This confused her, though it shouldn’t have, and she ended up using a cliché to express herself: “I don’t know where home is anymore.”

“It’s with your family,” Sayyid said matter-of-factly. It was so obvious. He frowned at her stupidity.

As she broke through the Boston crowd, it occurred to her that she might have dreamed the boy who had been watching her. That didn’t seem out of order. She turned, scanning the crowd, but he wasn’t there. Had he been, she might have marched over to him and told him that he wasn’t real. No, he wasn’t, but she was. She wanted to tell someone. Someone should know that Sophie Kohl was real now.
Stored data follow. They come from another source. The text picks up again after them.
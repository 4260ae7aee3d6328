-- ===== src/Persistence.antt =====
-- internal/persistence: checkpoints of a Sandbox, and its recovery from one.
pub mod Recovery
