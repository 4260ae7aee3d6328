-- ===== src/Persistence/Recovery.antt =====
-- internal/persistence/recovery.go and types.go: the request of a recovery and its receipt.
use dorf.Base.{ℕ, Bool, ◌&&◌, ◌||◌, Option, Text, leb, eqb, length, all}
use dorf.Std.Strings.{is_bounded_identity}

-- A published checkpoint. `Eligible` is true for each of them, and is left out.
pub record Checkpoint : Type 0 where
  pub session_id : Text
  pub sandbox_id : Text
  pub resource_id : Text
  pub profile_name : Text
  pub profile_revision : Text
  pub effective_upgrade_id : Text
  pub last_activity_at : ℕ
  pub native_revision : ℕ
  pub delivery_hold_count : ℕ
  pub cleanup : Bool
  pub repository : Text
  pub snapshot_id : Text
  pub published_at : ℕ

pub record RecoveryRequest : Type 0 where
  pub id : Text
  pub session_id : Text
  pub sandbox_id : Text
  pub repository : Text
  pub snapshot_id : Text

pub record EffectivePackage : Type 0 where
  pub upgrade_id : Text
  pub package_path : Text
  pub version : Text

pub record RecoveryReceipt : Type 0 where
  pub request : RecoveryRequest
  pub checkpoint : Checkpoint
  pub source_resource_id : Text
  pub source_provider_id : Text
  pub destination_resource_id : Text
  pub destination_provider_id : Text
  pub effective_package : EffectivePackage
  pub requested_at : ℕ
  pub destination_deleted_at : Option ℕ
  pub verified_at : Option ℕ
  pub source_deleted_at : Option ℕ
  pub finished_at : Option ℕ

-- `^[0-9a-f]{64}$`.
unfoldable pub is_snapshot : Text → Bool
is_snapshot t =
    eqb (length t) 64 && all (λ c. (leb b'0' c && leb c b'9') || (leb b'a' c && leb c b'f')) t

-- The identities of a request, in `Validate`.
unfoldable pub are_exact_identities : RecoveryRequest → Bool
are_exact_identities r =
    is_bounded_identity 256 r.id
    && (is_bounded_identity 256 r.session_id
        && (is_bounded_identity 256 r.sandbox_id && is_bounded_identity 256 r.repository))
When she continued forward, though, she spotted three men in suits walking briskly in her direction. One still wore his sunglasses, while the other two—one young, one old, all three so white that they were pink—homed in on her. “Mrs. Kohl,” said the older one. “I’m sorry—we were running late.”

She stopped, the three men forming an arc around her, just in case she made a run for it. Were they real?

The one who spoke took out an FBI badge. It looked just like the one Michael Khalil had shown her. His name was Wallace Stevens, just like the poet. “When you’re rested, we’d like to ask you some questions. Is that all right?”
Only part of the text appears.